As I am not allowed to sell my pets on here please have a look at http://www.ratshack.co.uk/

Thank you,

Ashleigh crause


----------



## Akai-Chan (Feb 21, 2009)

Quick question looking at your prices... Why do you price different types differently? All rats cost the same to raise, so why have a higgher price for some and not for others? 

I also disagree about this



> Rats should be bought in pair's as they can suffer from depression due to a lack of company, But if you can spend more than 4 hours with them a day you can purchase one rat.


Rats should always have a companion, no matter how much time you can spend with them. Humans are no substitute for a ratty friend.

Peace
Akai-Chan


----------



## MerlinsMum (Aug 2, 2009)

Akai-Chan said:


> Quick question looking at your prices... Why do you price different types differently? All rats cost the same to raise, so why have a higgher price for some and not for others?
> 
> I also disagree about this
> 
> ...


Agree with you Akai!

Why are Rex costing more than Dumbos? Speaking as the person who owned the first dumbos in the UK and imported lines of them, I'm sceptical. I also owned and bred some of the first Rex way back in the early 80's.

Do your rats have any health records? Mine were sold with 4 generation family trees and some went back at least 10 generations.


----------



## Lavenderb (Jan 27, 2009)

Nice looking site....I guess price wise the seller can ask what they wish and if people are happy to pay it then they will, which they obviously have.


I would alter that comment about keeping one if you have 4 hours to spend with your rat though. There is nothing that can compete with the care and company and grooming that another rat can give.

But overall looking good, fair pricing when compared to other sites who charge at least £15 per rat.


----------



## spoiled_rat (Mar 24, 2008)

You sell your rats and label them as `goods`? Different prices for different varieties? Bare cages? donations page, donate to what?
I noticed your rat advice is stolen too on alot of parts from other websites and only changed slightly  

Sorry but to me, it smacks of moneymaking practices.
Thats entirely the wrong reason to breed.


----------



## Lavenderb (Jan 27, 2009)

Perhaps it would be better to offer some guidance rather than stomping all over someone just because their ethics don't meet yours. 
I was under the impression that positive feedback was the 'name of the game'.

I'm sure the OP would welcome some 'positive feedback' as others have asked for. It would stop them from being driven away from the site and enable them to make good breeding decisions with the help of other breeders.

And yes I didnt offer positive feedback on another 'post' because I had my own reasons for doing so and the OP was more than welcome to question me via pm. Besides I didnt criticise their post, just stated my point and left it at that, no bullying.


----------



## spoiled_rat (Mar 24, 2008)

I dont sugarcoat things. 
That site and the ethics, and the other posts on forums the OP has joined under different usernames and spammed forums with...show that the rats arent bred for anything other than money?

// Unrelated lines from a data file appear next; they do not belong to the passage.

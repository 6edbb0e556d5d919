-- ===== src/Decimals.antt =====
-- Numbers in decimal: what Python's `str` and `int` do with a number that is not negative and its
-- digits.
use django_pyturso.Prelude.{
  ℕ, zero, suc, ◌+◌, ◌-◌, ◌*◌, ◌/◌, ◌%◌, ◌<◌, ◌≡◌, refl, ◌∙◌, Bool, true, false, ◌&&◌, inl, inr, [],
  ◌∷◌, Text, ltb, leb, if◌then◌else◌, arith, Bool-cases, ap,
}

abbrev pub digit : ℕ → ℕ
digit n = b'0' + n

-- The decimal digits of a number, before those of `rest`, on fuel above the number.
unfoldable pub digits : ℕ → ℕ → Text → Text
digits zero n rest = rest
digits (suc f) n rest =
    let more = digits f (n / 10) (digit (n % 10) ∷ rest) in
    if ltb n 10 then digit n ∷ rest else more

-- `str(n)`
unfoldable pub decimal : ℕ → Text
unfolding digits
decimal n = digits (suc n) n []

abbrev pub is_digit : ℕ → Bool
is_digit c = leb b'0' c && leb c b'9'

abbrev pub all_digits : Text → Bool
all_digits [] = true
all_digits (c ∷ t) = is_digit c && all_digits t

-- `part.isdigit()` for ASCII digits.
abbrev pub isdigit : Text → Bool
isdigit [] = false
isdigit (c ∷ t) = all_digits (c ∷ t)

-- `int(part)`, with the value of the digits before.
unfoldable pub int_from : ℕ → Text → ℕ
int_from value [] = value
int_from value (c ∷ t) = int_from (value * 10 + (c - b'0')) t

digits_all :
    (f n : ℕ) (rest : Text) → n < f → all_digits rest ≡ true → isdigit (digits f n rest) ≡ true
unfolding digits
digits_all zero n rest h k = ground arith
digits_all (suc f) n rest h k = elim (Bool-cases (ltb n 10)) [
  | inl small ↦ ground (arith, small, k)
  | inr large ↦
      simp large (digits_all f (n / 10) (digit (n % 10) ∷ rest) (ground arith) (ground arith))
]

int_from-digits : (f n : ℕ) (rest : Text) → n < f → int_from 0 (digits f n rest) ≡ int_from n rest
unfolding digits int_from
int_from-digits zero n rest h = ground arith
int_from-digits (suc f) n rest h = elim (Bool-cases (ltb n 10)) [
  | inl small ↦ simp small (ap (λ v. int_from v rest) (omega arith))
  | inr large ↦ simp large (
      int_from-digits f (n / 10) (digit (n % 10) ∷ rest) (ground arith)
      ∙ ap (λ v. int_from v rest) (omega arith))
]

pub isdigit-decimal : (n : ℕ) → isdigit (decimal n) ≡ true
unfolding decimal
isdigit-decimal n = digits_all (suc n) n [] (omega arith) refl

pub int_from-decimal : (n : ℕ) → int_from 0 (decimal n) ≡ n
unfolding decimal int_from
int_from-decimal n = int_from-digits (suc n) n [] (omega arith)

The pricing structure is a dead giveaway also, all varieties cost the same to raise???!


----------



## Wilted0Rose (Nov 8, 2009)

Just to clarify things, That website is my first in the makings literally not good with website design, as for everything else I am more than glad to get some feed back to help me improve, and yes I am not going to deny that the rat advice info is from other websites because they word it all better than I ever could, but I did not 'Steal' it I just borrowed it until I can figure out how to word It properly. The prices on my website are varied because they help me afford to keep my rats and buy products that I need not only to mention to pay vet bills if the problem should ever arise, Yes people do buy them at those prices because I can guarantee that they are well looked after, But if you guys do have any suggestions again, I will be glad to take in any information, 

the donations page is not for us, It is to help rats that are up for adoption.

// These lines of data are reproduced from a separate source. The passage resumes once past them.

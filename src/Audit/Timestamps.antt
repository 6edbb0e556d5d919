-- ===== src/Audit/Timestamps.antt =====
-- The timestamps that scripts/audit_dependencies.py accepts for a withdrawal, by its regular
-- expression. Digits are those of ASCII.
use django_pyturso.Decimals.{is_digit}
use django_pyturso.Prelude.{
  ℕ, Bool, true, false, ◌&&◌, ◌||◌, Option, none, some, List, [], ◌∷◌, Text, ◌==◌, leb,
  if◌then◌else◌,
}

-- A part of the expression that is one character.
pub data Part : Type 0 where
  any_digit : Part
  between exactly_one : ℕ → ℕ → Part

abbrev pub fits : Part → ℕ → Bool
fits any_digit c = is_digit c
fits (between a b) c = leb a c && leb c b
fits (exactly_one a b) c = (c == a) || (c == b)

abbrev pub the : ℕ → Part
the c = exactly_one c c

-- What is left of a text behind the parts.
unfoldable pub match_parts : List Part → Text → Option Text
match_parts [] t = some t
match_parts (part ∷ parts) [] = none
match_parts (part ∷ parts) (c ∷ t) =
    let rest = match_parts parts t in if fits part c then rest else none

-- `\d{4}-\d{2}-\d{2}T\d{2}:\d{2}:\d{2}`
abbrev pub date_and_time : List Part
date_and_time =
    any_digit
    ∷ any_digit
    ∷ any_digit
    ∷ any_digit
    ∷ the b'-'
    ∷ any_digit
    ∷ any_digit
    ∷ the b'-'
    ∷ any_digit
    ∷ any_digit
    ∷ the b'T'
    ∷ any_digit
    ∷ any_digit
    ∷ the b':'
    ∷ any_digit
    ∷ any_digit
    ∷ the b':'
    ∷ any_digit
    ∷ any_digit
    ∷ []

abbrev pub matches : List Part → Text → Bool
matches parts t = elim (match_parts parts t) [
  | none ↦ false
  | some [] ↦ true
  | some (_ ∷ _) ↦ false
]

abbrev pub minutes : List Part
minutes = the b':' ∷ between b'0' b'5' ∷ any_digit ∷ []

-- `Z|[+-](?:[01][0-9]|2[0-3]):[0-5][0-9]`
unfoldable pub is_zone : Text → Bool
unfolding match_parts
is_zone t =
    matches (the b'Z' ∷ []) t
    || matches (exactly_one b'+' b'-' ∷ between b'0' b'1' ∷ any_digit ∷ minutes) t
    || matches (exactly_one b'+' b'-' ∷ the b'2' ∷ between b'0' b'3' ∷ minutes) t

unfoldable pub skip_digits : Text → Text
skip_digits [] = []
skip_digits (c ∷ t) = let rest = skip_digits t in if is_digit c then rest else c ∷ t

-- `(?:\.\d+)?` and the zone. No zone begins with a digit, so all digits are in the fraction.
unfoldable pub is_fraction_and_zone : Text → Bool
unfolding is_zone skip_digits
is_fraction_and_zone [] = false
is_fraction_and_zone (c ∷ []) = is_zone (c ∷ [])
is_fraction_and_zone (c ∷ d ∷ t) =
    if c == b'.' then is_digit d && is_zone (skip_digits t) else is_zone (c ∷ d ∷ t)

abbrev pub rest_is_zone : Option Text → Bool
rest_is_zone none = false
rest_is_zone (some t) = is_fraction_and_zone t

-- `re.fullmatch(…) is not None`
unfoldable pub is_timestamp : Text → Bool
unfolding match_parts is_fraction_and_zone
is_timestamp t = rest_is_zone (match_parts date_and_time t)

As for everyone claiming that I am only using my pets for money making reasons your are wrong, I spend more on my rats than I do on myself, and I mean way more!!! 

Oh yeah back to the prices I wont be able to go lower than 10£ reason being there are people that try buy them for snake food and with the price being that much no one will spend 10£ for snake food, and it also reassures me that if someone is willing to spend 10£ for a rattie then I know they will be cared for properly because that is my biggest concern.

I am trying my best to do good, So any guidance is very much appreciated....

(oh yeah if you think this is long, you should see what it looks like when I try explain things in great detail by typing)

By the way, Whats an OP?


----------



## Marcia (Mar 10, 2009)

Wilted0Rose said:


> and yes I am not going to deny that the rat advice info is from other websites because they word it all better than I ever could, but I did not 'Steal' it I just borrowed it until I can figure out how to word It properly.


Have you asked permission from these websites for their content that you are using? Most of the content will be copyrighted and even borrowing it is illegal. You could be in a lot trouble from the owners if you havn't got permission.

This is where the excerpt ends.